Medicare and Medicaid are proposing to broaden decision-making rights for same-sex couples in light of a 2013 Supreme Court ruling that struck down a ban on federal benefits for gay and lesbian spouses.
The Centers for Medicare and Medicaid Services (CMS) released a 26-page proposed rule Thursday requiring that providers and suppliers in the programs recognize same-sex spouses as a condition for participation.
{mosads}If finalized, the regulation would apply to hospitals, long-term care facilities, ambulatory surgical centers, hospice providers and community mental health centers.
“Our goal is to provide equal treatment to spouses, regardless of their sex, whenever the marriage was valid in the jurisdiction in which it was entered into, without regard to whether the marriage is also recognized in the state of residence or the jurisdiction in which the healthcare provider or supplier is located,” the regulation stated.
Currently, some documents outlining conditions of participation for Medicare and Medicaid providers rely on state-based terminology that might not guarantee equal treatment for same-sex couples.
The proposal released Thursday would revise that language to ensure that terms like “spouse” and “representative” include gay and lesbian spouses for the purposes of healthcare visitation and decision-making.
In the case of hospice care, for example, the current definition of “representative” allows the person to authorize or terminate medical care on behalf of a terminally ill patient who is incapacitated.
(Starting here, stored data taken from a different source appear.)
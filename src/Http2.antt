-- ===== src/Http2.antt =====
-- src/http2.c and include/http2.h: the checks on HTTP/2 frames and on the course of a response.
pub mod Frames
pub mod Accepted
pub mod Response
pub mod Responses
pub mod Alps
pub mod Allowed
use vless_core_cli.Prelude.{
  ℕ, zero, suc, ◌+◌, ◌-◌, ◌*◌, ◌/◌, ◌%◌, ◌^◌, ◌≤◌, ◌<◌, min, max, Bool, true, false, ◌&&◌, ◌||◌,
  not, List, [], ◌∷◌, ◌++◌, Option, none, some, ltb, leb, ◌==◌, if◌then◌else◌, get_elem?, get_or,
  set, take, drop, length, Bytes, size_max, add_size, sub_size, ◌≡◌, refl, sym, ap, ap₂, ◌∙◌, ◌≢◌,
  ◌↔◌, ◌⊎◌, inl, inr, arith, Bool-cases, Option-cases, append-nil, append_assoc, length-append,
  length-take, length-drop, bit, word16, word24, word32, map, take-append-drop,
}

-- The scope of `core_http2_error_t`.
pub data Scope : Type 0 where
  nothing connection stream_scope : Scope

-- What `core_http2_validate_frame` returns: 0, -1 and -2.
pub data Verdict : Type 0 where
  accepted connection_failed stream_failed : Verdict

-- `core_http2_validation_t`
pub record Validation : Type 0 where
  pub continuation : ℕ
  pub settings_received : Bool
  pub settings_pending : ℕ
  pub scope : Scope
  pub code : ℕ

abbrev pub Checked : Type 0
Checked = Verdict × Validation

-- A return of -1 under the error that stands in the state.
abbrev pub refuse : Validation → Checked
refuse s = (connection_failed, s)

-- `frame_error`
abbrev pub frame_error : Validation → Scope → ℕ → Checked
frame_error s stream_scope code = (stream_failed, record s { scope = stream_scope; code = code })
frame_error s scope code = (connection_failed, record s { scope = scope; code = code })

-- The last line: no error is left.
abbrev pub accept : Validation → Checked
accept s = (accepted, record s { scope = nothing; code = 0 })

-- `value32(data + offset)`
abbrev pub value32 : Bytes → ℕ → ℕ
value32 d i = word32 (get_or d i 0) (get_or d (i + 1) 0) (get_or d (i + 2) 0) (get_or d (i + 3) 0)

-- `value32(data + offset) & 0x7fffffff`
abbrev pub stream_id : Bytes → ℕ → ℕ
stream_id d i = value32 d i % 2 ^ 31

-- The padding of a DATA or HEADERS frame reaches past the frame.
abbrev pub overpadded : Bytes → Bool
overpadded d = length d == 0 || leb (length d) (get_or d 0 0)

unfoldable pub check_data : Validation → ℕ → ℕ → Bytes → Checked
check_data s flags stream d =
    if stream == 0 || (bit flags 3 && overpadded d) then refuse s else accept s

-- HEADERS from `if (flags&32)` on; `start` and `size` are `start` and `end - start`.
unfoldable pub check_priority : Validation → ℕ → ℕ → Bytes → ℕ → ℕ → Checked
check_priority s flags stream d start size =
    let s' = if bit flags 2 then s else record s { continuation = stream } in
    if bit flags 5
    then (if ltb size 5
        then frame_error s connection 6
        else if stream_id d start == stream
        then frame_error s' stream_scope 1
        else accept s')
    else accept s'

unfoldable pub check_headers : Validation → ℕ → ℕ → Bytes → Checked
unfolding check_priority
check_headers s flags stream d =
    if stream == 0
    then refuse s
    else if bit flags 3
    then (if overpadded d
        then refuse s
        else check_priority s flags stream d 1 (length d - get_or d 0 0 - 1))
    else check_priority s flags stream d 0 (length d)

unfoldable pub check_priority_frame : Validation → ℕ → Bytes → Checked
check_priority_frame s stream d =
    if stream == 0
    then refuse s
    else if not (length d == 5)
    then frame_error s stream_scope 6
    else if stream_id d 0 == stream
    then frame_error s stream_scope 1
    else accept s

unfoldable pub check_reset : Validation → ℕ → Bytes → Checked
check_reset s stream d =
    if stream == 0
    then refuse s
    else if not (length d == 4)
    then frame_error s connection 6
    else accept s

-- One entry of SETTINGS: the error code, if it is wrong.
unfoldable pub setting_error : ℕ → ℕ → Option ℕ
setting_error id value =
    if id == 4 && ltb 0x7fffffff value
    then some 3
    else if (id == 2 && not (value == 0)) || (id == 5 && (ltb value 16384 || ltb 16777215 value))
    then some 1
    else none

-- The loop over the entries, six bytes each.
unfoldable pub settings_error : Bytes → Option ℕ
unfolding setting_error
settings_error (a ∷ b ∷ c ∷ d ∷ e ∷ f ∷ rest) =
    let later = settings_error rest in
    elim (setting_error (word16 a b) (word32 c d e f)) [ some code ↦ some code | none ↦ later ]
settings_error _ = none

unfoldable pub check_settings : Validation → ℕ → ℕ → Bytes → Checked
check_settings s flags stream d =
    if not (stream == 0)
    then refuse s
    else if (if bit flags 0 then not (length d == 0) else not (length d % 6 == 0))
    then frame_error s connection 6
    else if bit flags 0
    then (if s.settings_pending == 0
        then refuse s
        else accept (record s { settings_pending = s.settings_pending - 1 }))
    else elim (settings_error d) [
      | some code ↦ frame_error s connection code
      | none ↦ accept (record s {
        settings_pending = if s.settings_received then s.settings_pending else 1;
        settings_received = true;
      })
    ]

unfoldable pub check_ping : Validation → ℕ → Bytes → Checked
check_ping s stream d =
    if not (stream == 0)
    then refuse s
    else if not (length d == 8)
    then frame_error s connection 6
    else accept s

unfoldable pub check_goaway : Validation → ℕ → Bytes → Checked
check_goaway s stream d =
    if not (stream == 0)
    then refuse s
    else if ltb (length d) 8
    then frame_error s connection 6
    else accept s

unfoldable pub check_window : Validation → ℕ → Bytes → Checked
check_window s stream d =
    if not (length d == 4)
    then frame_error s connection 6
    else if stream_id d 0 == 0
    then (if stream == 0 then frame_error s connection 1 else frame_error s stream_scope 1)
    else accept s

unfoldable pub check_continuation : Validation → ℕ → ℕ → Checked
check_continuation s flags stream =
    if s.continuation == 0 || not (stream == s.continuation)
    then refuse s
    else accept (if bit flags 2 then record s { continuation = 0 } else s)

-- The `switch` on the frame's type.
unfoldable pub check_type : Validation → ℕ → ℕ → ℕ → Bytes → Checked
check_type s type flags stream d =
    if type == 0
    then check_data s flags stream d
    else if type == 1
    then check_headers s flags stream d
    else if type == 2
    then check_priority_frame s stream d
    else if type == 3
    then check_reset s stream d
    else if type == 4
    then check_settings s flags stream d
    else if type == 5
    then refuse s
    else if type == 6
    then check_ping s stream d
    else if type == 7
    then check_goaway s stream d
    else if type == 8
    then check_window s stream d
    else if type == 9
    then check_continuation s flags stream
    else accept s

-- `core_http2_validate_frame`, at a state and a data pointer that are not NULL.
unfoldable pub validate_frame : Validation → ℕ → ℕ → ℕ → Bytes → Checked
validate_frame s0 type flags stream d =
    let s = record s0 { scope = connection; code = 1 } in
    if ltb 0x7fffffff stream
    then refuse s
    else if ltb 16384 (length d)
    then frame_error s connection 6
    else if not s.settings_received && (not (type == 4) || bit flags 0 || not (stream == 0))
    then refuse s
    else if not (s.continuation == 0) && (not (type == 9) || not (stream == s.continuation))
    then refuse s
    else check_type s type flags stream d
“We propose to revise the definition of ‘representative’ to provide that a same-sex spouse in a marriage that was valid in the jurisdiction in which it was celebrated must be treated as a ‘spouse,’ ” the regulation stated.
CMS announced in April that it would begin processing Medicare enrollment requests from same-sex spouses. The decision allowed the Social Security Administration to recognize gay and lesbian marriages in determining eligibility for the program.
Agencies are making the changes in response to United States v. Windsor, which struck down part of the Defense of Marriage Act that governed federal benefits.